## DATA PROVIDED
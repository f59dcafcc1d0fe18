-- ===== src/Proc/Reach.antt =====
-- src/system/kernel/hal/proc/proc.c and schedule/schedule.c: the kernel's steps, and what holds
-- after any number of them. An interrupt or a system call enters the kernel before anything else of
-- it runs, so the queued choice of a process and the hatching are steps of the running kernel.
use gunw_os.Prelude.Outcome.{Outcome, ok, done, Ensures, ensures_ok, Ensures-if, ensures_result}
use gunw_os.Prelude.Int.{ℤ, pos, leb_ℤ}
use gunw_os.Prelude.{
  ℕ, ◌≡◌, refl, ◌⊎◌, inl, inr, Bool, not, Array, Option, sym, ap, subst, ltb, leb, ◌+◌, [],
}
use gunw_os.Runloop.{RunLoops}
use gunw_os.Queue.{Queue, k_que_dispatch}
use gunw_os.Kernel.{
  Kernel, Task, sched_evaluate, kernel_proc_id, ProcState, ps_running, LockType, CpuState,
  ProcError, zero_cpu, ProcessUser, zero_process,
}
use gunw_os.Schedule.{k_proc_schedule_on_tick, sched_evaluate_run, proc_select, granularity_ms}
use gunw_os.Schedule.RoundRobin.{IsLast, proc_select_lem}
use gunw_os.Proc.{
  is_running, k_proc_spawn, k_proc_hatch, k_proc_lock, k_proc_unlock, k_proc_cleanup,
  k_proc_callback_invoke_ptr, k_proc_stop,
}
use gunw_os.Proc.Switch.{
  k_proc_schedule_int_needs_kernel_handling, k_proc_schedule_on_kernel_handling_finished,
  on_kernel_return,
}
use gunw_os.Proc.Invariant.{
  IsValid, on_queue-IsValid, k_proc_lock-IsValid, k_proc_unlock-IsValid, k_proc_cleanup-IsValid,
  k_proc_stop-IsValid,
}
use gunw_os.Proc.Scheduled.{
  schedule_of, SameSchedule, k_proc_lock-Same, k_proc_unlock-Same, k_proc_cleanup-Same,
  k_proc_stop-Same, k_proc_spawn-Same, on_tick-Same, switch_to_kernel-Enters,
  handling_finished-Leaves, k_proc_hatch-Hatches,
}
use gunw_os.Proc.Callback.{callback_invoke_ptr-Delivered}
use gunw_os.Proc.Context.{
  Resumed, k_proc_spawn-IsValid, k_proc_hatch-IsValid, k_proc_switch-IsValid,
  switch_to_kernel-IsValid,
}

pub data Step (k : Kernel) : Kernel → Type 1 where
  step_interrupt :
      (ref_esp : ℕ) (frame frame' : CpuState) (k' : Kernel)
      → k_proc_schedule_int_needs_kernel_handling ref_esp frame k ≡ ok (frame', k')
      → Step k k'
  step_evaluate : k.kernel_state ≡ ps_running → Step k (sched_evaluate_run k)
  step_finished :
      (saved cpu : CpuState) (k' : Kernel)
      → k_proc_schedule_on_kernel_handling_finished saved k ≡ ok (cpu, k')
      → Step k k'
  step_return : k.kernel_state ≡ ps_running → Step k (on_kernel_return k)
  step_tick : (k' : Kernel) → k_proc_schedule_on_tick k ≡ ok k' → Step k k'
  step_spawn : (b : Bool) (p : ℤ) (k' : Kernel) → k_proc_spawn b k ≡ ok (done (p, k')) → Step k k'
  step_hatch :
      (entry heap : ℕ) (p : ℤ) (k' : Kernel)
      → k.kernel_state ≡ ps_running
      → k_proc_hatch entry heap p k ≡ ok k'
      → Step k k'
  step_lock : (p : ℤ) (t : LockType) (k' : Kernel) → k_proc_lock p t k ≡ ok k' → Step k k'
  step_unlock : (p : ℤ) (t : LockType) (k' : Kernel) → k_proc_unlock p t k ≡ ok k' → Step k k'
  step_stop : (p : ℤ) (k' : Kernel) → k_proc_stop p k ≡ ok k' → Step k k'
  step_cleanup : (p : ℤ) (k' : Kernel) → k_proc_cleanup p k ≡ ok k' → Step k k'
  step_callback :
      (D : Type 0) (p : ℤ) (routine : ℕ) (data_ptr : Option D) (size_bytes encoded_size_bytes : ℕ)
      (encoder : Option (Option D → Array ℕ → Array ℕ)) (decoder : Option ℕ) (e : ProcError)
      (k' : Kernel)
      → k_proc_callback_invoke_ptr p routine data_ptr size_bytes encoded_size_bytes encoder decoder
          k
        ≡ ok (e, k')
      → Step k k'

pub data Reach (k : Kernel) : Kernel → Type 1 where
  reach_start : Reach k k
  reach_step : (k' k'' : Kernel) → Reach k k' → Step k' k'' → Reach k k''

-- `k_proc_init`: an empty table, the kernel running, no process chosen.
abbrev pub initial_kernel : Queue Task → RunLoops → Kernel
initial_kernel q rs = record {
  kernel_state = ps_running;
  kernel_cpu = zero_cpu;
  p_tab = λ _. zero_process;
  proc_current = kernel_proc_id;
  execution_time_counter = granularity_ms;
  last_proc_id = kernel_proc_id;
  next_proc_id = kernel_proc_id;
  queue = q;
  run_loops = rs;
  effects = [];
}

-- While a process runs it is the one that was chosen; the choices are of the table.
abbrev pub ScheduleOk : ProcState × ℤ × ℤ × ℤ → Type 0
ScheduleOk (s, current, next, last) =
    ((s ≡ ps_running) ⊎ (current ≡ next)) × IsLast next × IsLast last

pub record IsSound (k : Kernel) : Type 0 where
  pub table : IsValid k
  pub schedule : ScheduleOk (schedule_of k)

proc_select-IsLast :
    (tab : Array ProcessUser) (last : ℤ) → IsLast last → IsLast (proc_select tab last)
proc_select-IsLast tab last l = elim (proc_select_lem tab last l) [
  | inl (n, e, c) ↦ subst IsLast (sym e) c.in_table
  | inr (e, _) ↦ subst IsLast (sym e) refl
]

same_schedule : (k k' : Kernel) → IsSound k → IsValid k' → SameSchedule k k' → IsSound k'
same_schedule k k' v t e = record { table = t; schedule = subst ScheduleOk (sym e) v.schedule }

-- An operation that keeps the table consistent and the schedule as it is.
by_same :
    (k k' : Kernel) (o : Outcome Kernel)
    → IsSound k
    → Ensures IsValid o
    → Ensures (SameSchedule k) o
    → o ≡ ok k'
    → IsSound k'
by_same k k' o v t s e = same_schedule k k' v (ensures_result t e) (ensures_result s e)

on_tick-IsValid : (k : Kernel) → IsValid k → Ensures IsValid (k_proc_schedule_on_tick k)
unfolding k_proc_schedule_on_tick
on_tick-IsValid k v =
    let k' = record k { execution_time_counter = k.execution_time_counter + 1 } in
    Ensures-if (leb granularity_ms k.execution_time_counter) (λ _. ensures_ok v)
      λ _.
        Ensures-if (ltb (k.execution_time_counter + 1) granularity_ms) (λ _. ensures_ok v)
          λ _. on_queue-IsValid (k_que_dispatch sched_evaluate) k' v

handling_finished-IsValid :
    (saved : CpuState) (k : Kernel)
    → IsValid k
    → Ensures Resumed (k_proc_schedule_on_kernel_handling_finished saved k)
unfolding k_proc_schedule_on_kernel_handling_finished
handling_finished-IsValid saved k v =
    Ensures-if (not (leb_ℤ (pos 0) k.next_proc_id)) (λ _. ensures_ok v)
      λ _. k_proc_switch-IsValid k.next_proc_id saved (record k { execution_time_counter = 0 }) v

interrupt-IsValid :
    (ref_esp : ℕ) (frame : CpuState) (k : Kernel)
    → IsValid k
    → (k.kernel_state ≡ ps_running) ⊎ (k.proc_current ≡ k.next_proc_id)
    → Ensures Resumed (k_proc_schedule_int_needs_kernel_handling ref_esp frame k)
unfolding k_proc_schedule_int_needs_kernel_handling
interrupt-IsValid ref_esp frame k v (inl r) =
    switch_to_kernel-IsValid ref_esp k.next_proc_id frame k v (inl (ap is_running r))
interrupt-IsValid ref_esp frame k v (inr c) =
    switch_to_kernel-IsValid ref_esp k.next_proc_id frame k v (inr c)

-- One step keeps what holds of the kernel.
Step-IsSound : (k k' : Kernel) → IsSound k → Step k k' → IsSound k'
unfolding sched_evaluate_run on_kernel_return
Step-IsSound k k' v (step_interrupt ref_esp frame frame' _ e) = record {
  table = ensures_result (interrupt-IsValid ref_esp frame k v.table v.schedule.0) e;
  schedule =
      subst ScheduleOk (sym (ensures_result (switch_to_kernel-Enters ref_esp frame k) e))
        (inl refl, v.schedule.1, v.schedule.2);
}
Step-IsSound k k' v (step_evaluate r) = record {
  table = v.table;
  schedule = (inl r, proc_select-IsLast k.p_tab k.last_proc_id v.schedule.2, v.schedule.2);
}
Step-IsSound k k' v (step_finished saved cpu _ e) = record {
  table = ensures_result (handling_finished-IsValid saved k v.table) e;
  schedule = elim (ensures_result (handling_finished-Leaves saved k) e) [
    | inl s ↦ subst ScheduleOk (sym s) v.schedule
    | inr s ↦ subst ScheduleOk (sym s) (inr refl, v.schedule.1, v.schedule.2)
  ];
}
Step-IsSound k k' v (step_return r) = record {
  table = v.table;
  schedule = (inl r, v.schedule.1, v.schedule.1);
}
Step-IsSound k k' v (step_tick _ e) =
    by_same k k' _ v (on_tick-IsValid k v.table) (on_tick-Same k) e
Step-IsSound k k' v (step_spawn b p _ e) =
    same_schedule k k' v (ensures_result (k_proc_spawn-IsValid b k v.table) e)
      (ensures_result (k_proc_spawn-Same k b) e)
Step-IsSound k k' v (step_hatch entry heap p _ r e) = record {
  table = ensures_result (k_proc_hatch-IsValid entry heap p k v.table) e;
  schedule = elim (ensures_result (k_proc_hatch-Hatches entry heap p k) e) [
    | inl s ↦ subst ScheduleOk (sym s) v.schedule
    | inr s ↦
        subst ScheduleOk (sym s)
          (inl r, proc_select-IsLast k'.p_tab k.last_proc_id v.schedule.2, v.schedule.2)
  ];
}
Step-IsSound k k' v (step_lock p t _ e) =
    by_same k k' _ v (k_proc_lock-IsValid p t k v.table) (k_proc_lock-Same k p t) e
Step-IsSound k k' v (step_unlock p t _ e) =
    by_same k k' _ v (k_proc_unlock-IsValid p t k v.table) (k_proc_unlock-Same k p t) e
Step-IsSound k k' v (step_stop p _ e) =
    by_same k k' _ v (k_proc_stop-IsValid p k v.table) (k_proc_stop-Same k p) e
Step-IsSound k k' v (step_cleanup p _ e) =
    by_same k k' _ v (k_proc_cleanup-IsValid p k v.table) (k_proc_cleanup-Same k p) e
Step-IsSound k k' v (step_callback D p routine data_ptr size encoded_size encoder decoder e _ eq) =
    let (t, s) =
      ensures_result
        (callback_invoke_ptr-Delivered p routine data_ptr size encoded_size encoder decoder k
          v.table)
        eq in
    same_schedule k k' v t s

pub initial-IsSound : (q : Queue Task) (rs : RunLoops) → IsSound (initial_kernel q rs)
initial-IsSound q rs = record {
  table = record { locks = λ _. refl; runs = λ _. tt };
  schedule = (inl refl, refl, refl);
}

-- In every state that the steps of the process table and the scheduler reach from the initial
-- one, a blocked process holds a lock, a new, ready or running one holds none, a running process
-- is the current and chosen one while the kernel waits, and the scheduler's choices are of the
-- table or none.
pub reachable-IsSound :
    (q : Queue Task) (rs : RunLoops) (k : Kernel) → Reach (initial_kernel q rs) k → IsSound k
reachable-IsSound q rs k reach_start = initial-IsSound q rs
reachable-IsSound q rs k (reach_step k' _ r s) = Step-IsSound k' k (reachable-IsSound q rs k' r) s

## ACTIVITY
Within the material above, the line with "schedule = elim (ensures_result (handling_finished-Leaves" opens the range and the line with "table = ensures_result (k_proc_hatch-IsValid" closes it; reproduce that range word for word.

## COMPLETED TASK
  schedule = elim (ensures_result (handling_finished-Leaves saved k) e) [
    | inl s ↦ subst ScheduleOk (sym s) v.schedule
    | inr s ↦ subst ScheduleOk (sym s) (inr refl, v.schedule.1, v.schedule.2)
  ];
}
Step-IsSound k k' v (step_return r) = record {
  table = v.table;
  schedule = (inl r, v.schedule.1, v.schedule.1);
}
Step-IsSound k k' v (step_tick _ e) =
    by_same k k' _ v (on_tick-IsValid k v.table) (on_tick-Same k) e
Step-IsSound k k' v (step_spawn b p _ e) =
    same_schedule k k' v (ensures_result (k_proc_spawn-IsValid b k v.table) e)
      (ensures_result (k_proc_spawn-Same k b) e)
Step-IsSound k k' v (step_hatch entry heap p _ r e) = record {
  table = ensures_result (k_proc_hatch-IsValid entry heap p k v.table) e;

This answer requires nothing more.